We have been refining our software algorithms that quickly sift through the large number of candidates during our Fermi Gamma-ray Burst Monitor afterglow search effort (Singer et al. 2015). The EM–GW challenge has some similarities and some differences. The similarities are that we need to continue to reject foreground asteroids/variable stars and background supernovae/active galactic nuclei. The differences are that compared to a gamma-ray burst afterglow, the EM–GW counterpart may be relatively fainter and/or slower and/or redder. Knowing that the EM counterpart is relatively nearby due to the advanced LIGO sensitivity helps further reduce false positives.

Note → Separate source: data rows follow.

-- ===== src/PaymentHolds/Routes.antt =====
-- The handlers of backend/src/routes/payment-holds.js that change a hold, behind the check of the role.
-- The details of an entry of the audit log are left out.
use stellar_royalty_splitter.Prelude.{
  ℕ, String, Option, none, some, ◌==◌, nat_eq, string_eq, if◌then◌else◌, or_else,
}
use stellar_royalty_splitter.Prelude.Text.{Text}
use stellar_royalty_splitter.Audit.{text, Log, add_audit_log}
use stellar_royalty_splitter.PaymentHolds.{
  HeldTransaction, Holds, place_hold, release_hold, approve_hold_release,
}

pub record HoldWorld : Type 0 where
  pub holds : Holds
  pub log : Log

pub data HoldReply : Type 0 where
  missing_field no_hold failed : HoldReply
  held : HeldTransaction → HoldReply

abbrev logged_hold : HeldTransaction → Option Log → HoldWorld → HoldReply × HoldWorld
logged_hold t none w = (failed, w)
logged_hold t (some log) w = (held t, record w { log = log })

abbrev pub hold_answer :
    String → String → Text → Option HeldTransaction × Holds → HoldWorld → HoldReply × HoldWorld
hold_answer action by now (none, s) w = (no_hold, record w { holds = s })
hold_answer action by now (some t, s) w =
    logged_hold t (add_audit_log t.contract_id action (some by) (text "") now w.log)
      (record w { holds = s })

-- `POST /place`; the id 0 is no id.
unfoldable pub post_place :
    ℕ → String → Option Text → Option String → Text → HoldWorld → HoldReply × HoldWorld
unfolding place_hold add_audit_log
post_place id reason until by now w =
    let user = or_else by "admin" in
    let answer =
      hold_answer "payment_hold_placed" user now (place_hold id reason until user now w.holds) w in
    if id == 0 then (missing_field, w) else (if reason == "" then (missing_field, w) else answer)

-- `POST /release`
unfoldable pub post_release :
    ℕ → Option String → Option String → Text → HoldWorld → HoldReply × HoldWorld
unfolding release_hold add_audit_log
post_release id by remark now w =
    let user = or_else by "admin" in
    let answer =
      hold_answer "payment_hold_released" user now (release_hold id user remark now w.holds) w in
    if id == 0 then (missing_field, w) else answer

-- `POST /approve-release`
unfoldable pub post_approve_release :
    ℕ → Option String → Option String → Text → HoldWorld → HoldReply × HoldWorld
unfolding approve_hold_release add_audit_log
post_approve_release id by remark now w =
    let user = or_else by "admin" in
    let answer =
      hold_answer "hold_release_approved" user now (approve_hold_release id user remark now w.holds)
        w in
    if id == 0 then (missing_field, w) else answer
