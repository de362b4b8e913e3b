-- ===== src/PaymentHolds/Released.antt =====
-- What `POST /release` of backend/src/routes/payment-holds.js does to a hold.
use stellar_royalty_splitter.Prelude.{
  ℕ, ◌≡◌, refl, String, false, Option, none, some, List, [], ◌∷◌, ◌++◌, ◌==◌, nat_eq, string_eq,
  find_first, update_where, or_else, Bool-cases, inl, inr,
}
use stellar_royalty_splitter.Prelude.Text.{Text}
use stellar_royalty_splitter.Audit.{add_audit_log}
use stellar_royalty_splitter.PaymentHolds.{
  HeldTransaction, HoldAudit, Holds, has_transaction_id, is_active_hold, change_hold, released,
  release_hold, approve_hold_release, get_transaction_with_hold,
}
use stellar_royalty_splitter.PaymentHolds.Routes.{
  HoldWorld, no_hold, failed, post_release, post_approve_release,
}

released_inactive :
    (id : ℕ) (by : String) (now : Text) (t : HeldTransaction)
    → is_active_hold id (released by now t) ≡ false
released_inactive id by now t = elim (Bool-cases (t.id == id)) [
  | inl h ↦ rw h refl
  | inr h ↦ rw h refl
]

-- No hold of the transaction is active any more.
released_all :
    (id : ℕ) (by : String) (now : Text) (rows : List HeldTransaction)
    → find_first (is_active_hold id) (update_where (has_transaction_id id) (released by now) rows)
      ≡ none
released_all id by now [] = refl
released_all id by now (t ∷ rows) = elim (Bool-cases (t.id == id)) [
  | inl h ↦ rw (h, released_inactive id by now t) (released_all id by now rows)
  | inr h ↦ rw (h, h) (released_all id by now rows)
]

released_row :
    (id : ℕ) (by : String) (now : Text) (rows : List HeldTransaction) (t : HeldTransaction)
    → find_first (is_active_hold id) rows ≡ some t
    → (r : HeldTransaction) × (find_first
          (has_transaction_id id)
          (update_where (has_transaction_id id) (released by now) rows)
        ≡ some r)
released_row id by now [] t h = cc
released_row id by now (x ∷ rows) t h = elim (Bool-cases (x.id == id)) [
  | inl is ↦ rw (is, is) (_, refl)
  | inr other ↦ rw (other, other) (released_row id by now rows t (rw other at h))
]

abbrev pub released_entry : ℕ → String → Option String → Text → HoldAudit
released_entry id by remark now = record {
  transaction_id = id;
  action = "released";
  reason = or_else remark "Released";
  performed_by = by;
  created_at = now;
}

abbrev released_holds : ℕ → String → Option String → Text → Holds → Holds
released_holds id by remark now s =
    (change_hold id (released by now) (released_entry id by remark now) s).1

post_release_active :
    (id : ℕ) (by remark : Option String) (now : Text) (w : HoldWorld) (t : HeldTransaction)
    → (id == 0) ≡ false
    → find_first (is_active_hold id) w.holds.transactions ≡ some t
    → post_release id by remark now w
      ≡ (failed, record w { holds = released_holds id (or_else by "admin") remark now w.holds })
unfolding post_release release_hold get_transaction_with_hold add_audit_log
post_release_active id by remark now w t named active =
    let (r, found) = released_row id (or_else by "admin") now w.holds.transactions t active in
    rw (named, active, found) refl

post_release_inactive :
    (id : ℕ) (by remark : Option String) (now : Text) (w : HoldWorld)
    → (id == 0) ≡ false
    → find_first (is_active_hold id) w.holds.transactions ≡ none
    → post_release id by remark now w ≡ (no_hold, w)
unfolding post_release release_hold get_transaction_with_hold add_audit_log
post_release_inactive id by remark now w named inactive = rw (named, inactive) refl

post_approve_release_inactive :
    (id : ℕ) (by remark : Option String) (now : Text) (w : HoldWorld)
    → (id == 0) ≡ false
    → find_first (is_active_hold id) w.holds.transactions ≡ none
    → post_approve_release id by remark now w ≡ (no_hold, w)
unfolding post_approve_release approve_hold_release get_transaction_with_hold add_audit_log
post_approve_release_inactive id by remark now w named inactive = rw (named, inactive) refl

-- The release of an active hold, whether it was approved or not, ends the hold and adds one entry to
-- the trail, and is answered by an error all the same, as the log refuses its action. A
-- request to release it, or to approve its release, that comes next, answers that there is no hold and
-- changes nothing. The id is not 0.
pub post_release_once :
    (id : ℕ) (by remark by' remark' : Option String) (now later : Text) (w : HoldWorld)
    (t : HeldTransaction)
    → (id == 0) ≡ false
    → find_first (is_active_hold id) w.holds.transactions ≡ some t
    → let (reply, after) = post_release id by remark now w in
      (reply ≡ failed)
      × (after.log ≡ w.log)
      × (find_first (is_active_hold id) after.holds.transactions ≡ none)
      × (after.holds.trail
          ≡ w.holds.trail ++ (released_entry id (or_else by "admin") remark now ∷ []))
      × (post_release id by' remark' later after ≡ (no_hold, after))
      × (post_approve_release id by' remark' later after ≡ (no_hold, after))
post_release_once id by remark by' remark' now later w t named active =
    let user = or_else by "admin" in
    let whole = post_release_active id by remark now w t named active in
    let ended = released_all id user now w.holds.transactions in
    rw whole (
      refl,
      refl,
      ended,
      refl,
      post_release_inactive id by' remark' later
          (record w { holds = released_holds id user remark now w.holds }) named ended,
      post_approve_release_inactive id by' remark' later
          (record w { holds = released_holds id user remark now w.holds }) named ended,
    )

The following are some rejection criteria:

• 1.  
  Movement in detections in two epochs separated by at least 15 minutes suggesting the candidate is an asteroid.
• 2.  
  Past history of eruption in PTF/iPTF data (baseline of six years) suggesting the candidate is an old transient.
• 3.  
  Previously known radio source or X-ray source suggesting the candidate is an active galactic nucleus.
• 4.  
  Previously known optical or infrared point source underneath the position suggesting the candidate is a stellar flare.

The following criteria lead to flags for follow-up spectroscopy, additional photometry, and/or multi-band follow-up:

• 1.  
  Host galaxy (within 100 kpc of transient) with spectroscopic redshift < 0.05 (or photometric redshift < 0.1)—this is motivated by advanced LIGO's sensitivity limit to binary neutron star mergers.
• 2.  
  Photometric evolution on hour timescale (> 0.2 mag) or day timescale (> 0.5 mag) or one-week timescale (> 1 mag)—this serves as a strong discriminant against old supernovae. We note that this flag was not applied for GW150914 as all candidates of interest were spectroscopically classified within two hours.
• 3.  
  Hostless candidates with no counterpart in deep iPTF reference co-adds—even though these are unlikely to be local, we flag these events as they are relatively rare.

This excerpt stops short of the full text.